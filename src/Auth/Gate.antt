-- ===== src/Auth/Gate.antt =====
-- internal/httpapi/auth.go: the two gates in front of the handlers, `requireAdmin` and
-- `requireClientAPIKey`. A gate's answer is a value; the handler behind it is not part of it.
pub mod Laws
use llama_wrangler.Common.{
  ℕ, zero, suc, Bool, true, false, not, ◌&&◌, ◌||◌, String, List, [], ◌∷◌, Option, none, some, ◌==◌,
  if◌then◌else◌,
}
use Prim.Native.String.{◌++◌ as append_text}
use llama_wrangler.Common.Text.{str_eq, codes, to_lower, trim_space}
use llama_wrangler.Auth.Limiter.{
  Limiter, auth_failure_key, register_failure, reset, retry_after_seconds,
}

pub record Request : Type 0 where
  pub method : String
  pub authorization : String
  pub admin_token_header : String
  pub remote_addr : String

abbrev pub codes_prefix : List ℕ → List ℕ → Bool
codes_prefix [] s = true
codes_prefix (c ∷ p) [] = false
codes_prefix (c ∷ p) (d ∷ s) = c == d && codes_prefix p s

-- `s[n:]`, where the first `n` characters are ASCII.
abbrev pub drop_chars : ℕ → String → String
drop_chars zero s = s
drop_chars (suc n) String.[] = String.[]
drop_chars (suc n) (String.◌∷◌ c s) = drop_chars n s

unfoldable pub bearer_token : Request → String
unfolding to_lower trim_space
bearer_token r =
    if codes_prefix (codes "bearer ") (to_lower r.authorization)
    then trim_space (drop_chars 7 r.authorization)
    else r.admin_token_header

pub record ClientApiKey : Type 0 where
  pub id : String
  pub enabled : Bool

-- The part of the state and the settings that the gates read.
pub record AuthState : Type 0 where
  pub setup_complete : Bool
  pub require_auth : Bool
  pub auth_enabled : Bool
  pub client_api_keys : List ClientApiKey
  pub config_keys : List String

-- The loop over the stored keys: the key to touch. `secrets` is `s.secrets.Get`.
unfoldable pub matching_key : (String → String) → List ClientApiKey → String → Option String
matching_key secrets [] token = none
matching_key secrets (k ∷ ks) token =
    let stored = secrets (append_text "api_key:" k.id) in
    let rest = matching_key secrets ks token in
    if k.enabled && not (str_eq stored "") && str_eq stored token then some k.id else rest

unfoldable pub matches_config : List String → String → Bool
matches_config [] token = false
matches_config (k ∷ ks) token = not (str_eq k "") && str_eq k token || matches_config ks token

-- `validClientAPIKey`: the answer, and the key whose last use is noted.
unfoldable pub valid_client_api_key : (String → String) → AuthState → String → Bool × Option String
valid_client_api_key secrets state token = elim (matching_key secrets state.client_api_keys token) [
  | some id ↦ (true, some id)
  | none ↦ (matches_config state.config_keys token, none)
]

-- What a gate does: it calls the handler, or answers 429 with the header `Retry-After`, or 401.
pub data Gate : Type 0 where
  passes : Gate
  rate_limited : ℕ → Gate
  unauthorized : Gate

-- The part that both gates share, after a token that is not valid.
unfoldable pub refuse : ℕ → String → String → Limiter → Limiter × Gate
refuse now token key l =
    if str_eq token ""
    then (l, unauthorized)
    else let (l', answer) = register_failure now key l in
      if answer.0 then (l', rate_limited (retry_after_seconds answer.1)) else (l', unauthorized)

module _ (split_host_port : String → Option String) where
  -- `valid` is `s.secrets.Match` on the admin secret.
  unfoldable pub require_admin :
      ℕ → (String → Bool) → AuthState → Request → Limiter → Limiter × Gate
  require_admin now valid state r l =
      let key = auth_failure_key split_host_port "admin" r.remote_addr in
      if str_eq r.method "OPTIONS"
      then (l, passes)
      else if not state.setup_complete || not state.require_auth
      then (l, passes)
      else if valid (bearer_token r)
      then (reset key l, passes)
      else refuse now (bearer_token r) key l

  unfoldable pub require_client_api_key :
      ℕ → (String → String) → AuthState → Request → Limiter → Limiter × Gate
  require_client_api_key now secrets state r l =
      let key = auth_failure_key split_host_port "client" r.remote_addr in
      if not state.setup_complete || not state.auth_enabled
      then (l, passes)
      else if (valid_client_api_key secrets state (bearer_token r)).0
      then (reset key l, passes)
      else refuse now (bearer_token r) key l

● Prompt
In the listing above, reproduce the first line and each one after it through the line that contains "-- The part of".

● Reply
filename src/Auth/Gate.antt
-- ===== src/Auth/Gate.antt =====
-- internal/httpapi/auth.go: the two gates in front of the handlers, `requireAdmin` and
-- `requireClientAPIKey`. A gate's answer is a value; the handler behind it is not part of it.
pub mod Laws
use llama_wrangler.Common.{
  ℕ, zero, suc, Bool, true, false, not, ◌&&◌, ◌||◌, String, List, [], ◌∷◌, Option, none, some, ◌==◌,
  if◌then◌else◌,
}
use Prim.Native.String.{◌++◌ as append_text}
use llama_wrangler.Common.Text.{str_eq, codes, to_lower, trim_space}
use llama_wrangler.Auth.Limiter.{
  Limiter, auth_failure_key, register_failure, reset, retry_after_seconds,
}

pub record Request : Type 0 where
  pub method : String
  pub authorization : String
  pub admin_token_header : String
  pub remote_addr : String

abbrev pub codes_prefix : List ℕ → List ℕ → Bool
codes_prefix [] s = true
codes_prefix (c ∷ p) [] = false
codes_prefix (c ∷ p) (d ∷ s) = c == d && codes_prefix p s

-- `s[n:]`, where the first `n` characters are ASCII.
abbrev pub drop_chars : ℕ → String → String
drop_chars zero s = s
drop_chars (suc n) String.[] = String.[]
drop_chars (suc n) (String.◌∷◌ c s) = drop_chars n s

unfoldable pub bearer_token : Request → String
unfolding to_lower trim_space
bearer_token r =
    if codes_prefix (codes "bearer ") (to_lower r.authorization)
    then trim_space (drop_chars 7 r.authorization)
    else r.admin_token_header

pub record ClientApiKey : Type 0 where
  pub id : String
  pub enabled : Bool

-- The part of the state and the settings that the gates read.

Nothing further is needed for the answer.